The final stage of the network is a function that assesses the quality of work of the entire model. The loss function is at the very end, after all layers of the network. It can look like this:

$$

$$E = \ sum_ {i = 0} ^ {n} \ frac {1} {2} (y ^ {truth} _i-y ^ l_i) ^ 2$$

Where $$$n$Is the number of classes $$$y ^ l$- model output, and $$$y ^ {truth}$- right answers.
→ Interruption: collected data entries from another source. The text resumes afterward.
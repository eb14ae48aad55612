-- ===== src/Scenarios.antt =====
-- Concrete requests: runs of the handlers, and the theorems applied to them.
mod Postings
mod Reversals
mod Tokens
mod Accounts
mod Edits
mod Requests
mod Recovery
mod Ids
mod Audits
$$$\ frac {1} {2}$here it is only needed to reduce the formula during backpropagation of an error over the network. Can be removed $$$\ frac {1} {2}$and nothing fundamentally changes.
After reading this article I decided to use cross-entropy:

$$

$$E = - \ sum_ {i = 0} ^ {n} y ^ {truth} _iln (y ^ l_i)$$

The structure of the future model

Now, having analyzed the main layers of the network, we can present an approximate view of the future model:

1. A function that extracts the following image / batch from the dataset for training;
2. The first layer of the convolutional network, which accepts an image as an input, sends an attribute map to the output;
3. The makspool layer, which reduces the dimension of feature maps;
4. The second layer of the convolutional network accepts the maps obtained at the previous step, and at the output gives other feature maps;
5. Adding the maps obtained in the previous step to one vector;
6. The first layer of a fully meshed network takes a vector, performs calculations that give values ​​for the hidden fully meshed layer;
7. The second layer of a fully connected network, the number of output neurons of which is equal to the number of classes in the dataset used;
8. The output of the entire model is fed to the loss function, which compares the predicted value with the true value, and calculates the difference between these values.

The resulting loss function is a kind of quantitative “fine,” which can be viewed as a measure of the quality of the prediction model. We will use this value for teaching the model using backpropagation - back propagation of an error. The formulas that use this error and “pull” it through all the layers to update the parameters and train the model will be covered in the next part of the article.